▶ [Problem details]:
Where the records below have a line with "Text", that line is to be copied.

Collected data entries:
[Start of section]

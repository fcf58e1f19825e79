-- ===== src/Trigger/Limiter/Bounds.antt =====
-- The limits of a trigger over the states that the limiter reaches.
use flokoa.Common.{
  ℕ, zero, suc, ◌-◌, ◌^◌, ◌≤◌, ◌<◌, ◌≡◌, refl, ap, sym, ◌∙◌, ◌↔◌, pos, to_int32, to_int32-pos,
  add_one, is_positive, List, [], ◌∷◌, ◌++◌, length, length-append, some, Text, arith, subst,
}
use flokoa.Trigger.Config.{LimitsConfig}
use flokoa.Trigger.Limiter.{
  TriggerCounters, TriggerLimiter, counters_of, key_of, prune, allowed,
  invocations_per_hour_exceeded, concurrent_tasks_exceeded, verdict, verdict_under, after_verdict,
  check, recent,
}
use flokoa.Trigger.Limiter.Verdicts.{verdict_under_iff, not-per_hour, not-concurrent}
use flokoa.Trigger.Limiter.Window.{recent-append, recent-recent, length-recent-le, length-recent}
use flokoa.Trigger.Limiter.Frame.{check-verdict, less_active}
use flokoa.Trigger.Limiter.Reached.{Reached, IsInvariant, Reached-invariant}

-- Both limits are set, to positive numbers of 32 bits.
pub record HasLimits (limits : LimitsConfig) (per_hour at_once : ℕ) : Type 0 where
  pub hourly : limits.max_invocations_per_hour ≡ some (pos per_hour)
  pub concurrent : limits.max_concurrent_tasks ≡ some (pos at_once)
  pub hourly_range : (0 < per_hour) × (per_hour < 2 ^ 31)
  pub concurrent_range : (0 < at_once) × (at_once < 2 ^ 31)

less_active-pos :
    (c : TriggerCounters) (n : ℕ)
    → c.active_tasks ≡ pos n
    → ((less_active c).active_tasks ≡ pos (n - 1)) × ((less_active c).invocations ≡ c.invocations)
less_active-pos c zero e = rw (e, is_positive) (refl, refl)
less_active-pos c (suc n) e = rw (e, is_positive) (ap pos (omega arith), refl)

module _ (limits : LimitsConfig) (per_hour at_once : ℕ)
    (h : HasLimits limits per_hour at_once) where
  verdict_iff :
      (c : TriggerCounters) (running : ℕ)
      → length c.invocations ≤ per_hour
      → c.active_tasks ≡ pos running
      → (verdict c limits ≡ allowed) ↔ ((length c.invocations < per_hour) × (running < at_once))
  unfolding verdict
  verdict_iff c running le a =
      rw
        (
          h.hourly,
          h.concurrent,
          a,
          to_int32-pos (length c.invocations) (omega (arith, le, h.hourly_range.1)),
        )
        (ground (
          arith,
          verdict_under_iff (length c.invocations) per_hour
              (invocations_per_hour_exceeded (length c.invocations))
              (verdict_under (some (pos at_once)) (pos running)
                (concurrent_tasks_exceeded (pos running)) allowed)
              (not-per_hour (length c.invocations)) h.hourly_range.0,
          verdict_under_iff running at_once (concurrent_tasks_exceeded (pos running)) allowed
              (not-concurrent (pos running)) h.concurrent_range.0,
        ))

  -- The counters hold what matters of the history.
  record Tracks (c : TriggerCounters) (log : List ℕ) (running last : ℕ) : Type 0 where
    window : (t : ℕ) → last ≤ t → recent t c.invocations ≡ recent t log
    few : length (recent last log) ≤ per_hour
    active : c.active_tasks ≡ pos running
    running_le : running ≤ at_once

  room :
      (c : TriggerCounters) (log : List ℕ) (running now : ℕ)
      → Tracks c log running now
      → (verdict (prune now c) limits ≡ allowed)
        ↔ ((length (recent now log) < per_hour) × (running < at_once))
  room c log running now k =
      let same = ap length (k.window now (omega arith)) in
      subst (λ n. (verdict (prune now c) limits ≡ allowed) ↔ ((n < per_hour) × (running < at_once)))
        same (verdict_iff (prune now c) running (omega (arith, same, k.few)) k.active)

  Tracks-records :
      (c : TriggerCounters) (log : List ℕ) (running now : ℕ)
      → Tracks c log running now
      → verdict (prune now c) limits ≡ allowed
      → Tracks (after_verdict allowed now (prune now c)) (log ++ (now ∷ [])) (suc running) now
  Tracks-records c log running now k v =
      let (below, free) = (room c log running now k).0 v in
      record {
        window = λ t after.
            recent-append t (recent now c.invocations) (now ∷ [])
            ∙ ap (λ ts. ts ++ recent t (now ∷ []))
                (recent-recent now t c.invocations after ∙ k.window t after)
            ∙ sym (recent-append t log (now ∷ []));
        few = omega (
          arith,
          ap length (recent-append now log (now ∷ [])),
          length-append (recent now log) (recent now (now ∷ [])),
          length-recent now (now ∷ []),
          below,
        );
        active =
            ap (λ a. to_int32 (add_one a)) k.active
            ∙ to_int32-pos (suc running) (omega (arith, free, h.concurrent_range.1));
        running_le = omega (arith, free);
      }

  Tracks-finishes :
      (c : TriggerCounters) (log : List ℕ) (running last : ℕ)
      → Tracks c log running last
      → Tracks (less_active c) log (running - 1) last
  Tracks-finishes c log running last k =
      let (active, same) = less_active-pos c running k.active in
      record {
        window = λ t after. ap (recent t) same ∙ k.window t after;
        few = k.few;
        active = active;
        running_le = omega (arith, k.running_le);
      }

  Tracks-IsInvariant : (name ns : Text) → IsInvariant name ns limits Tracks
  unfolding recent
  Tracks-IsInvariant name ns = record {
    start = record {
      window = λ t le. refl;
      few = omega arith;
      active = refl;
      running_le = omega arith;
    };
    waits = λ c log running last now le k. record {
      window = λ t after. k.window t (omega (arith, le, after));
      few = omega (arith, k.few, length-recent-le last now log le);
      active = k.active;
      running_le = k.running_le;
    };
    prunes = λ c log running now k. record {
      window = λ t after. recent-recent now t c.invocations after ∙ k.window t after;
      few = k.few;
      active = k.active;
      running_le = k.running_le;
    };
    records = Tracks-records;
    finishes = Tracks-finishes;
  }

-- In every state that the limiter reaches, where both limits of the trigger are set and positive,
-- the invocations allowed in the hour before the last check are at most the hourly limit, and the
-- tasks that run are at most the limit of concurrent tasks.
pub Reached-bounds :
    (name ns : Text) (limits : LimitsConfig) (per_hour at_once : ℕ) (l : TriggerLimiter)
    (log : List ℕ) (running last : ℕ)
    → HasLimits limits per_hour at_once
    → Reached name ns limits l log running last
    → (length (recent last log) ≤ per_hour) × (running ≤ at_once)
Reached-bounds name ns limits per_hour at_once l log running last h r =
    let k =
      Reached-invariant name ns limits (Tracks-IsInvariant limits per_hour at_once h name ns) r in
    (k.few, k.running_le)

-- In every state that the limiter reaches, where both limits of the trigger are set and positive, a
-- check at the time of the last check or later allows the invocation exactly when fewer invocations
-- than the hourly limit were allowed in the hour before it, and fewer tasks than the limit of
-- concurrent tasks run.
pub check-allowed_iff :
    (name ns : Text) (limits : LimitsConfig) (per_hour at_once : ℕ) (l : TriggerLimiter)
    (log : List ℕ) (running last now : ℕ)
    → HasLimits limits per_hour at_once
    → Reached name ns limits l log running last
    → last ≤ now
    → ((check l now name ns (some limits)).0 ≡ allowed)
      ↔ ((length (recent now log) < per_hour) × (running < at_once))
check-allowed_iff name ns limits per_hour at_once l log running last now h r le =
    let i = Tracks-IsInvariant limits per_hour at_once h name ns in
    let c = counters_of l (key_of name ns) in
    let k = i.waits c log running last now le (Reached-invariant name ns limits i r) in
    subst (λ v. (v ≡ allowed) ↔ ((length (recent now log) < per_hour) × (running < at_once)))
      (sym (check-verdict l now name ns limits))
      (room limits per_hour at_once h c log running now k)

[End of section]

▶ [Reply]:
  add_one, is_positive, List, [], ◌∷◌, ◌++◌, length, length-append, some, Text, arith, subst,
  Tracks-IsInvariant : (name ns : Text) → IsInvariant name ns limits Tracks
    (name ns : Text) (limits : LimitsConfig) (per_hour at_once : ℕ) (l : TriggerLimiter)
    (name ns : Text) (limits : LimitsConfig) (per_hour at_once : ℕ) (l : TriggerLimiter)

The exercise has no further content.